L'analisi del caso evidenzia le implicazioni legali e sociali di un atto così grave. La condanna a vita, che è la pena massima per un tentato assassinio di un candidato, riflette la gravità del reato e la determinazione del sistema giudiziario a punire comportamenti che minacciano la sicurezza pubblica. Tuttavia, la questione sollevata dal difensore di Routh, Martin L. Roth, ha acceso un dibattito sull'equità della pena. Roth ha chiesto di considerare una pena di 27 anni, argomentando che il suo cliente non costituirebbe un pericolo per la società nel lungo termine. Inoltre, Routh ha contestato la classificazione del suo atto come un "crimine terroristico federale", un'etichetta che i procuratori hanno ritenuto necessaria per giustificare una condanna severa. La posizione del giudice, che ha sottolineato l'intenzione criminale di Routh, ha rafforzato la percezione che il caso sia stato giudicato in base ai rischi concreti per la democrazia.

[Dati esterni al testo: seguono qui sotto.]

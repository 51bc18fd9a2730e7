-- ===== src/Launch/Tests/Examples.antt =====
-- The theorems on backend/launchloop at the demo event and at an owner's event.
use civic_loop.Launch.{ready_for_review, blocked, lane_blocked, Package}
use civic_loop.Launch.Workflow.Calls.Delivery.{carried, Delivered, draft-Delivered}
use Prim.Native.String.{◌++◌ as append}
use civic_loop.Launch.Workflow.Consistency.Life.{Reach-IsConsistent, Grounded, Reach-Grounded}
use civic_loop.Launch.Workflow.Consistency.{IsConsistent}
use civic_loop.Launch.Workflow.Calls.Decision.{Admits, decide_approval_once, decide_approval_iff}
use civic_loop.Launch.Workflow.Calls.Answers.{Answered, answer_questions-Effect}
use civic_loop.Launch.Workflow.Calls.{
  package_of, run_workflow, answered_fields, update, missing_answers, create_revision,
  answer_questions, create_approval, submit_workflow, create_execution, approve, may_decide,
  decide_approval, reset_demo,
}
use civic_loop.Launch.Text.{decimal, show, lower, strip, ends_in}
use civic_loop.Launch.Tests.{
  Reach-answered, hash, calendar, maya, jordan, answers, asked, answered, submitted_board,
  completed_board, demo_run, Reach-submitted, Reach-completed,
}
use civic_loop.Launch.Workflow.{
  DemoError, synthetic, draft, needs_input, completed, ApprovalRequest, ConnectorExecution, Board,
  source_kind, transition,
}
use civic_loop.Launch.Engine.{
  clarification, audience_for, discount_for, or_else, missing_fields, sponsor_passed, sponsor_price,
  package_status, prepare_package,
}
use civic_loop.Prelude.Result.{Result, err, is_ok, ok}
use civic_loop.Prelude.{
  str_eq-false, none, [], any, ◌≡◌, refl, ◌↔◌, false, some, str_eq, if◌then◌else◌,
}
use civic_loop.Launch.Engine

Reach-IsConsistent_example : IsConsistent hash calendar completed_board
Reach-IsConsistent_example = Reach-IsConsistent hash calendar completed_board Reach-completed

abbrev receipt : ConnectorExecution
receipt = record {
  idempotency_key = append "launchloop:" submitted_board.workflow.package_hash;
  audience_count = 418;
}

has_receipt : completed_board.execution ≡ some receipt
unfolding run_workflow package_of source_kind prepare_package missing_fields Engine.draft reset_demo
    sponsor_price sponsor_passed discount_for audience_for package_status lower show decimal
    transition answer_questions answered_fields update missing_answers create_revision strip or_else
    ends_in submit_workflow create_approval decide_approval may_decide approve create_execution
has_receipt = refl

Reach-Grounded_example :
    (completed_board.workflow.status ≡ completed) × Grounded hash calendar completed_board receipt
Reach-Grounded_example =
    Reach-Grounded hash calendar completed_board receipt Reach-completed has_receipt

decide_approval_iff_example :
    ((b' : Board) × (decide_approval 5 jordan "approve" submitted_board.workflow.package_hash "fine"
          9 submitted_board
        ≡ ok b')
      × (b'.workflow.status ≡ (if str_eq "approve" "reject" then needs_input else completed)))
    ↔ ((a : ApprovalRequest) × Admits 5 jordan "approve" submitted_board.workflow.package_hash
          submitted_board a)
decide_approval_iff_example =
    decide_approval_iff hash calendar 5 jordan "approve" submitted_board.workflow.package_hash
      "fine" 9 submitted_board (Reach-IsConsistent hash calendar submitted_board Reach-submitted)

decide_approval_once_example :
    is_ok (
      decide_approval 5 jordan "reject" submitted_board.workflow.package_hash "late" 10
        completed_board)
    ≡ false
decide_approval_once_example =
    decide_approval_once 5 5 jordan jordan "approve" "reject" submitted_board.workflow.package_hash
      submitted_board.workflow.package_hash "fine" "late" 9 10 submitted_board completed_board
      demo_run.4

answer_questions-Effect_example : Answered answers asked answered
answer_questions-Effect_example = answer_questions-Effect 1 maya answers asked answered demo_run.1

abbrev package_or : Package → Result DemoError Package → Package
package_or p (ok q) = q
package_or p (err _) = p

abbrev no_package : Package
no_package = record {
  schema_id = none;
  status = blocked;
  missing_fields = [];
  questions = [];
  assets = record {
    invitation = record { subject = ""; body = "" };
    reminder = record { subject = ""; body = "" };
    social = "";
  };
  audience = clarification;
  sponsor = record {
    passed = false;
    tier = "";
    expected_discount_percent = none;
    actual_discount_percent = none;
    general_ticket_price = none;
    sponsor_ticket_price = none;
  };
  event_readiness = record { label = ""; status = lane_blocked; summary = "" };
  campaign_composer = record { label = ""; status = lane_blocked; summary = "" };
  audience_policy = record { label = ""; status = lane_blocked; summary = "" };
  evidence = [];
}

abbrev campaign : Package
campaign = package_or no_package (package_of calendar answered.workflow.revision)

campaign_ready :
    (answered.workflow.id ≡ 1)
    × (answered.workflow.status ≡ draft)
    × (source_kind answered.workflow.revision ≡ synthetic)
    × (package_of calendar answered.workflow.revision ≡ ok campaign)
    × (campaign.status ≡ ready_for_review)
    × (str_eq (hash campaign) "" ≡ false)
    × (any (λ k. str_eq k (append "launchloop:" (hash campaign))) answered.other_keys ≡ false)
unfolding run_workflow package_of source_kind prepare_package missing_fields Engine.draft reset_demo
    sponsor_price sponsor_passed discount_for audience_for package_status lower show decimal
    transition answer_questions answered_fields update missing_answers create_revision strip or_else
    ends_in
campaign_ready = (refl, refl, refl, refl, refl, refl, refl)

draft-Delivered_example :
    (b' : Board) × (carried hash calendar 1 5 maya jordan (hash campaign) "fine" 9 answered ≡ ok b')
    × Delivered hash campaign maya jordan b'
draft-Delivered_example =
    draft-Delivered hash calendar 1 5 maya jordan "fine" 9 campaign answered campaign_ready.0
      campaign_ready.1 (Reach-IsConsistent hash calendar answered Reach-answered) campaign_ready.2
      campaign_ready.3 campaign_ready.4 ((str_eq-false _ _).1 campaign_ready.5) refl refl
      ((str_eq-false "jordan" "maya").1 refl) campaign_ready.6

La chiusura del caso svela un quadro complesso di tensioni giuridiche e sociali. La condanna di Routh non solo rappresenta un esempio di come il sistema giudiziario italiano e statunitense gestisce minacce alla sicurezza nazionale, ma anche una riflessione su come i comportamenti estremi possano essere influenzati da contesti politici e personali. La sua storia, che include un lavoro volontario per l'Ucraina durante la guerra russa, ha suscitato reazioni contrastanti, con alcuni a cercare leniency per il suo background. Tuttavia, il giudice ha ritenuto che l'assenza di rimorso e la premeditazione siano elementi che giustificano una condanna senza attenuanti. Il caso rimane un punto di riferimento per le discussioni sulle responsabilità personali e sociali in un contesto di crescente polarizzazione, con implicazioni che potrebbero estendersi a futuri dibattiti su sicurezza e libertà.